Let’s take a look at parsed_example using the dump function:

julia> dump(parsed_example)
Expr
  head: Symbol tuple
  args: Array(Any,(3,))
    1: Expr
      head: Symbol call
      args: Array(Any,(3,))
        1: Symbol +
        2: Symbol A
        3: Float64 0.1
      typ: Any
    2: Expr
      head: Symbol call
      args: Array(Any,(3,))
        1: Symbol +
        2: Symbol B
        3: Float64 0.2
      typ: Any
    3: Expr
      head: Symbol call
      args: Array(Any,(3,))
        1: Symbol +
        2: Expr
          head: Symbol tuple
          args: Array(Any,(2,))
          typ: Any
        3: Float64 0.5
      typ: Any
  typ: Any

This is Julia’s post-parsing internal representation of the example string. Notice how its structure reflects the tree we are trying to build. Do you see why we replaced each : with a +? Since + is an infix operator, the parser has associated each node with it’s branch length by making them both arguments of a call to the + function! Really any infix operator would have done here, I just chose + arbitrarily. OK, now let’s write a function that will take this parsed expression and build the tree we want!

function parsenewick(newick::Expr)
    if newick.head == :tuple
        # this is a node without a length
        children = [parsenewick(child)
                    for child in newick.args]
        name = ""
        length = -1
    elseif newick.head == :call && newick.args[1] == :+
        # + indicates node with length
        length = newick.args[3]
        if typeof(newick.args[2]) == Expr
            # internal node
            name = ""
            children = [parsenewick(child)
                        for child in newick.args[2].args]
        elseif typeof(newick.args[2]) == Symbol
            # tip
            name = string(newick.args[2])
            children = PhyloNode[]
        end
    end
    PhyloNode(name,children,length)
end

We recursively descend the expression, generating the appropriate node. A call to + indicates a node with a length, a tuple indicates a node without a branch length (note that I’m using a length of -1 to represent this). Let’s try it out:

julia> parsenewick(parsed_example)
PhyloNode("",[PhyloNode("A",[],0.1),PhyloNode("B",[],0.2),PhyloNode("",[PhyloNode("C",[],0.3),PhyloNode("D",[],0.4)],0.5)],-1)

It works! That was easy. We now have a parser for 90% of the Newick strings in the wild in about 20 lines of code.

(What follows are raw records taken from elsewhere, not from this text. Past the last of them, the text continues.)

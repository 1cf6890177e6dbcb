-- ===== src/Tests/Tools.antt =====
-- Policies, tools and texts for tools/ and the agent of the demo. A number is the count of its
-- bytes, and an empty one throws.
use galculus.Common.{
  ℕ, suc, ◌≡◌, refl, true, false, some, List, [], ◌∷◌, ◌++◌, length, codes, if◌then◌else◌, not,
  ◌&&◌, ◌||◌, ◌==ᵇ◌,
}
use galculus.Common.Exceptions.{Thrown, ok, throw}
use galculus.Core.Wire.{Bytes}
use galculus.Tools.{ToolCall, ToolHandler, register_tool, execute, no_policy, parse}
use galculus.Tools.Policy.{
  PolicyCall, allow, block, after_calls, allowed_in, blocked_in, never_allows,
  execute-register_tool,
}
use galculus.Tools.Parsing.{described_text, parse_lem, written, parse-written}
use galculus.Nodes.{agent_main}
use galculus.Nodes.Acting.{Locked, agent_main-Locked}
use galculus.Memory.Manager.{Storage}
use galculus.Tests.Scheduling.{model}

abbrev pub stod : Bytes → Thrown ℕ
stod [] = throw "stod"
stod (c ∷ text) = ok (suc (length text))

abbrev count_call : ToolHandler ℕ ℕ
count_call call n = (suc n, record { success = true; message = call.reason })

abbrev changes : List PolicyCall
changes = allow (codes "b") ∷ block (codes "a") ∷ allow (codes "a") ∷ []

abbrev call : ToolCall ℕ
call = record { name = codes "a"; reason = codes "why"; confidence = 3 }

execute-register_tool_example :
    execute (register_tool [] (codes "a") count_call) call (after_calls changes no_policy) 4 ≡ (
      if codes "a" ==ᵇ codes "a"
      then (if not (blocked_in changes (codes "a"))
            && (never_allows changes || allowed_in changes (codes "a"))
          then (5, record { success = true; message = codes "why" })
          else (
            4,
            record {
              success = false;
              message = codes "Tool blocked by safety policy: " ++ codes "a";
            },
          ))
      else execute [] call (after_calls changes no_policy) 4)
execute-register_tool_example = execute-register_tool [] (codes "a") count_call changes call 4

abbrev answer : Bytes
answer = codes "so:\ntool=x\nreason=r=1\ntool=y\nconfidence=\n"

parse_lem_example : parse stod 0 answer ≡ described_text stod 0 answer
parse_lem_example = parse_lem stod 0 answer

parse-written_example :
    parse stod 0 (written (codes "send_alert") (codes "r=1") (codes "0.5"))
    ≡ ok (some (record { name = codes "send_alert"; reason = codes "r=1"; confidence = 3 }))
parse-written_example =
    parse-written stod 0 3 (codes "send_alert") (codes "r=1") (codes "0.5") (λ e. cc) refl refl refl
      refl

abbrev pub storage : Storage
storage = record { global_storage = 65536; scratch_storage = 262144; message_storage = 524288 }

agent_main-Locked_example : Locked (agent_main stod 0 model 0 storage).1.0
agent_main-Locked_example = agent_main-Locked stod 0 model 0 storage
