-- ===== src/Tests/Network/Agent.antt =====
-- The agent of examples/tool_agent_demo/ and the server at the two ends of a slow connection.
use galculus.Common.{length, take, arith, ◌<◌, ◌≡◌, refl, some, [], ◌∷◌, codes}
use galculus.Common.Exceptions.{ok}
use galculus.Core.Message.{Message}
use galculus.Core.Transport.Framed.{to_frame}
use galculus.Core.Tcp.{connect_to, listen_once}
use galculus.Core.Wire.{Bytes}
use galculus.Llm.Remote.{RemoteLlm, remote_llm, next_request_id}
use galculus.Nodes.{turned_on_light, agent_address, agent_main, server_main}
use galculus.Nodes.Client.{client_main, client_message}
use galculus.Nodes.Client.Conversing.{answer, answer_message, client_main-server_main}
use galculus.Nodes.Deciding.{agent_question, agent_reply, agent_main-server_main}
use galculus.Core.Wire.{sized-IsBytes}
use galculus.Core.Protocol
use galculus.Core.Protocol.Truncated
use galculus.Core.Frame.Sound.{length-encode}
use galculus.Core.Tcp.Messages.{IsCarried, Closes, short-IsCarried}
use galculus.Nodes.Deciding.Cut.{agent_main_cut}
use galculus.Tests.Network.{slow, slow-IsStream}
use galculus.Tests.Network.Remote.{ticks}
use galculus.Tests.Tools.{stod, storage}

abbrev caller : Bytes → RemoteLlm slow ticks
caller inp = record { sockets = ([], inp); time = 0; request_counter = 0 }

-- Neither message depends on what will come in.
abbrev question : Message
question = agent_question slow ticks (caller [])

abbrev reply : Message
reply = agent_reply slow ticks (caller []) ticks 7

agent_main-server_main_example :
    Closes slow slow-IsStream
      (agent_main stod 0
        (remote_llm slow ticks agent_address)
        (caller (to_frame reply))
        storage).0.sockets
      (to_frame question)
      []
    × (((agent_main stod 0
            (remote_llm slow ticks agent_address)
            (caller (to_frame reply))
            storage).1
          ≡ (turned_on_light (codes "motion detected near door") ∷ [], ok 0))
        × (((server_main slow ticks ([], to_frame question) 7).1.1 ≡ ok 0)
            × Closes slow slow-IsStream
                (server_main slow ticks ([], to_frame question) 7).0
                (to_frame reply)
                []))
unfolding connect_to listen_once next_request_id
agent_main-server_main_example =
    agent_main-server_main stod 0 slow slow slow-IsStream slow-IsStream ticks ticks
      (caller (to_frame reply)) 7 storage ([], to_frame reply) ([], to_frame question)
      ([], to_frame question) 5 6 4 refl refl ((λ e. cc), refl) ((λ e. cc), refl) refl

abbrev lost : Message
lost = record {
  id = 0;
  type = 0;
  source = [];
  target = [];
  event = record { name = codes "LLM_RESPONSE"; payload = [] };
}

lost-IsCarried : IsCarried lost
lost-IsCarried =
    short-IsCarried lost (omega arith) (omega arith) tt tt
      (sized-IsBytes (codes "LLM_RESPONSE") refl) tt (omega arith)

lost_late : 9 < length (to_frame lost)
lost_late = omega (
  arith,
  Truncated.length-encode lost,
  length-encode (Protocol.encode lost) (omega (arith, Truncated.length-encode lost)),
)

agent_main_cut_example :
    (agent_main stod 0
      (remote_llm slow ticks agent_address)
      (caller (take 9 (to_frame lost)))
      storage).1
    ≡ ([], ok 1)
unfolding connect_to
agent_main_cut_example =
    agent_main_cut stod 0 slow slow-IsStream ticks (caller (take 9 (to_frame lost))) storage
      ([], take 9 (to_frame lost)) 5 9 lost refl lost-IsCarried lost_late ((λ e. cc), refl)

client_main-server_main_example :
    Closes slow slow-IsStream
      (client_main slow ([], to_frame (answer_message ticks 7))).0
      (to_frame client_message)
      []
    × (Closes slow slow-IsStream
          (server_main slow ticks ([], to_frame client_message) 7).0
          (to_frame (answer_message ticks 7))
          []
        × (((server_main slow ticks ([], to_frame client_message) 7).1.1 ≡ ok 0)
            × ((client_main slow ([], to_frame (answer_message ticks 7))).1
                ≡ ok (0, some (answer ticks 7)))))
unfolding connect_to listen_once
client_main-server_main_example =
    client_main-server_main slow slow slow-IsStream slow-IsStream ticks
      ([], to_frame (answer_message ticks 7)) ([], to_frame (answer_message ticks 7))
      ([], to_frame client_message) ([], to_frame client_message) 5 6 7 refl refl ((λ e. cc), refl)
      ((λ e. cc), refl)
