-- ===== src/Tests/Network/Meeting.antt =====
-- The client and the server of examples/tcp_nodes/ at the two ends of a slow connection,
-- and the log of examples/hello_agent/.
use galculus.Common.{◌∷◌, codes, ◌==ᵇ◌, ◌≡◌, refl, some, []}
use galculus.Core.Transport.Framed.{to_frame}
use galculus.Core.Tcp.{connect_to, listen_once}
use galculus.Core.Tcp.Messages.{Closes}
use galculus.Nodes.Pair
use galculus.Nodes.Pair.{note, ack, tell, acknowledge}
use galculus.Nodes.Pair.Meeting.{client_main-server_main_pair}
use galculus.Nodes.Demos.{started, received, stopped, hello_main}
use galculus.Core.Runtime.{
  register_agent, start, publish_event, send, drain, run_once, dispatch, stop,
}
use galculus.Core.Message.{event_message, text}
use galculus.Core.Transport.{push, take_front, is_empty}
use galculus.Common.Dict.{lookup, insert}
use galculus.Tests.Network.{slow, slow-IsStream}

client_main-server_main_pair_example :
    Closes slow slow-IsStream
      (Pair.client_main slow ([], to_frame (ack note.source))).0
      (to_frame note)
      []
    × (Closes slow slow-IsStream
          (Pair.server_main slow ([], to_frame note)).0
          (to_frame (ack note.source))
          []
        × (((Pair.server_main slow ([], to_frame note)).1 ≡ (0, some note))
            × ((Pair.client_main slow ([], to_frame (ack note.source))).1
                ≡ (0, some (ack note.source)))))
unfolding connect_to listen_once
client_main-server_main_pair_example =
    client_main-server_main_pair slow slow slow-IsStream slow-IsStream
      ([], to_frame (ack note.source)) ([], to_frame (ack note.source)) ([], to_frame note)
      ([], to_frame note) 5 6 refl refl ((λ e. cc), refl) ((λ e. cc), refl)

hello_main_log :
    hello_main 2
    ≡ some (
      0,
      some (
          started
          ∷ received (record {
            id = 1;
            type = 0;
            source = codes "system";
            target = codes "logger";
            event = record {
              name = codes "hello";
              payload = codes "Galculus core runtime v0.1 online";
            };
          })
          ∷ stopped
          ∷ []),
    )
unfolding hello_main register_agent lookup insert start publish_event send event_message text drain
    run_once dispatch stop push take_front is_empty ◌==ᵇ◌
hello_main_log = refl
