-- ===== src/Tests/Runtime.antt =====
-- A runtime with two agents that count what reaches them, and queues, for core/.
use galculus.Common.{
  All, ap, List, ℕ, get_or, set, ℕ, ◌+◌, ◌^◌, ◌<◌, ◌≡◌, ◌≢◌, ◌⊎◌, ◌==ᵇ◌, refl, arith, ap, true,
  false, none, some, List, [], ◌∷◌, codes, length, get_or,
}
use galculus.Common.Dict.{lookup}
use galculus.Core.Wire.{Bytes, write_u16, write_u32, write_u64, write_bytes}
use galculus.Core.Message.{ErrorCode, success, Event, Message}
use galculus.Core.Protocol
use galculus.Core.Protocol.Truncated.{length-encode}
use galculus.Core.Frame.Sound.{length-encode as length-encode_frame}
use galculus.Core.Transport.{in_memory_transport}
use galculus.Core.Transport.Fifo.{Call, sends, receives, asks_empty, run}
use galculus.Core.Transport.InMemory.{in_memory-IsFifo}
use galculus.Core.Transport.Framed.{IsSendable, to_frame, framed, framed-refines}
use galculus.Core.Transport.Errors.{framed_receive_damaged}
use galculus.Core.Runtime.{
  AgentClass, AgentRuntime, register_agent, has_agent, broadcast_event, drain,
}
use galculus.Core.Runtime.Agents
use galculus.Core.Runtime.Calls
use galculus.Core.Transport.{push, take_front, is_empty}
use galculus.Common.Dict.{insert, erase}
use galculus.Core.Message.{event_message}
use galculus.Core.Runtime.{start, publish_event, send, run_once, dispatch, unregister_agent}
use galculus.Core.Runtime.Registry.{registered, register_agent_cases}
use galculus.Core.Runtime.Sending.{addressed}
use galculus.Core.Runtime.Hearing.{heard, drain-broadcast_event}
use galculus.Core.Runtime.Drain.{deliver, Drained, drain-deliver}

record Counter : Type 0 where
  agent_name : Bytes
  started : ℕ
  met : ℕ

abbrev counters : AgentClass
counters = record {
  Agent = Counter;
  name = λ a. a.agent_name;
  on_start = λ a. record a { started = a.started + 1 };
  on_message = λ a m. record a { met = a.met + 1 };
  on_stop = λ a. record a { started = 0 };
}

abbrev counter : Bytes → Counter
counter name = record { agent_name = name; started = 0; met = 0 }

abbrev pub note : ℕ → Bytes → Message
note id target = record {
  id = id;
  type = 0;
  source = codes "a";
  target = target;
  event = record { name = codes "hi"; payload = 1 ∷ 255 ∷ [] };
}

abbrev first_note : Message
first_note = note 7 (codes "b")

first_note-IsSendable : IsSendable first_note
first_note-IsSendable = record {
  valid = record {
    id_fits = omega arith;
    type_fits = omega arith;
    source_fits = ((omega arith, tt), omega arith);
    target_fits = ((omega arith, tt), omega arith);
    name_fits = ((omega arith, (omega arith, tt)), omega arith);
    payload_fits = ((omega arith, (omega arith, tt)), omega arith);
  };
  fits = omega (arith, length-encode first_note);
}

abbrev calls : List Call
calls = sends first_note ∷ asks_empty ∷ receives ∷ receives ∷ []

framed-refines_example : run framed [] calls ≡ run in_memory_transport [] calls
framed-refines_example = framed-refines calls (first_note-IsSendable, (tt, (tt, (tt, tt))))

frame_size : length (to_frame first_note) < 2 ^ 63
frame_size = omega (
  arith,
  length-encode first_note,
  length-encode_frame (Protocol.encode first_note) (first_note-IsSendable.fits),
)

third_byte : get_or (Protocol.encode first_note) 2 0 ≡ 76
unfolding Protocol.encode write_u16 write_u32 write_u64 write_bytes
third_byte = refl

framed_receive_damaged_example :
    (framed.receive (set (to_frame first_note) (8 + 2) 5 ∷ to_frame first_note ∷ [])
      ≡ (to_frame first_note ∷ [], none))
    × (framed.receive [] ≡ ([], none))
    × (framed.receive
          (framed.receive (set (to_frame first_note) (8 + 2) 5 ∷ to_frame first_note ∷ [])).0
        ≡ ([], some first_note))
framed_receive_damaged_example =
    framed_receive_damaged first_note first_note 2 5 [] first_note-IsSendable first_note-IsSendable
      (omega (arith, length-encode first_note)) (omega arith) (λ e. omega (arith, e, third_byte))

-- Two agents, a running runtime.
abbrev pair : AgentRuntime in_memory_transport counters
pair = record {
  agents = (codes "a", counter (codes "a")) ∷ (codes "b", counter (codes "b")) ∷ [];
  transport = [];
  running = true;
  next_id = 5;
}

abbrev busy : AgentRuntime in_memory_transport counters
busy = record pair { transport = first_note ∷ note 8 (codes "x") ∷ note 9 (codes "a") ∷ [] }

drain-deliver_example :
    Drained in_memory_transport in_memory-IsFifo counters busy
      (deliver counters busy.agents busy.transport).0
      (deliver counters busy.agents busy.transport).1
      (drain in_memory_transport counters 4 busy)
drain-deliver_example =
    drain-deliver in_memory_transport in_memory-IsFifo counters 4 busy busy.transport (omega arith)
      refl refl

abbrev ping : Event
ping = record { name = codes "ping"; payload = [] }

abbrev busy_day : List (Calls.Call in_memory_transport counters)
busy_day =
    Calls.Call.registers (some (counter (codes "a")))
    ∷ Calls.Call.registers (some (counter (codes "a")))
    ∷ Calls.Call.registers (some (counter (codes "b")))
    ∷ Calls.Call.starts
    ∷ Calls.Call.broadcasts (codes "a") ping
    ∷ Calls.Call.drains 3
    ∷ Calls.Call.unregisters (codes "a")
    ∷ Calls.Call.unregisters (codes "a")
    ∷ []

-- Agent b, started, has met one message.
abbrev evening : Calls.Tally in_memory_transport counters
evening = record {
  runtime = record {
    agents = (codes "b", record { agent_name = codes "b"; started = 1; met = 1 }) ∷ [];
    transport = [];
    running = true;
    next_id = 3;
  };
  added = 2;
  removed = 1;
}

run-Balanced_example : Calls.Balanced in_memory_transport counters evening
unfolding Calls.run register_agent lookup insert erase start broadcast_event publish_event send
    event_message drain run_once dispatch unregister_agent push take_front is_empty ◌==ᵇ◌
run-Balanced_example = Calls.run-Balanced in_memory_transport counters [] busy_day evening refl

abbrev newcomer : Counter
newcomer = counter (codes "c")

register_agent_cases_example :
    ((register_agent in_memory_transport counters pair (some newcomer)
        ≡ (registered in_memory_transport counters pair newcomer, success))
      × (codes "c" ≢ [])
      × (lookup (codes "c") pair.agents ≡ none))
    ⊎ (((register_agent in_memory_transport counters pair (some newcomer)).0 ≡ pair)
        × ((register_agent in_memory_transport counters pair (some newcomer)).1.ok ≡ false)
        × ((((register_agent in_memory_transport counters pair (some newcomer)).1.code
                ≡ ErrorCode.invalid_argument)
              × (codes "c" ≡ []))
            ⊎ (((register_agent in_memory_transport counters pair (some newcomer)).1.code
                  ≡ ErrorCode.agent_already_exists)
                × (has_agent in_memory_transport counters pair (codes "c") ≡ true))))
register_agent_cases_example = register_agent_cases in_memory_transport counters pair newcomer

c_absent : lookup (codes "c") pair.agents ≡ none
unfolding lookup ◌==ᵇ◌
c_absent = refl

abbrev first_byte : Bytes → ℕ
first_byte xs = get_or xs 0 0

pair-IsValid : Agents.IsValid in_memory_transport counters pair
pair-IsValid = record {
  distinct = ((λ e. absurd (omega (arith, ap first_byte e)), tt), (tt, tt));
  named = (λ e. cc, (λ e. cc, tt));
  id_fits = omega arith;
}

abbrev idle : AgentRuntime in_memory_transport counters
idle = record pair { running = false }

All-sendable : All (λ m. Unit {0}) (addressed 5 (codes "a") ping (codes "a" ∷ codes "b" ∷ []))
unfolding addressed
All-sendable = (tt, (tt, tt))

drain-broadcast_event_example :
    Drained in_memory_transport in_memory-IsFifo counters
      (broadcast_event in_memory_transport counters pair (codes "a") ping).0
      (heard counters 5 (codes "a") ping pair.agents)
      []
      (drain in_memory_transport counters 3
        (broadcast_event in_memory_transport counters pair (codes "a") ping).0)
drain-broadcast_event_example =
    drain-broadcast_event in_memory_transport in_memory-IsFifo counters 3 pair (codes "a") ping
      (omega arith) refl
      (((λ e. omega (arith, ap (λ (xs : List ℕ). get_or xs 0 0) e)), tt), (tt, tt)) (omega arith)
      refl All-sendable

Of course this is not nearly a complete parser. Most notably it will fail if we have internal nodes with names, which are represented as:

(A:0.1,B:0.2,(C:0.3,D:0.4)E:0.5)F;

This is a more complete representation of the tree in the image above, as it includes the names E and F for the internal node and the root node respectively. Again though, Julia does most of the work for us. A parse of this string returns an Expr with E being multiplied by the C/D clade (this is a language feature intended to support expressions like 2x, which work the same way they do in math notation). We can just extract the name of the clade out of the multiplication. A more complete parser implementing this idea can be found here, although it still fails on some inputs, such as nodes without names. In any case this isn’t really meant to be a robust implementation, just an illustration of Julia’s metaprogramming features that I thought was particularly entertaining, hopefully you found it so as well.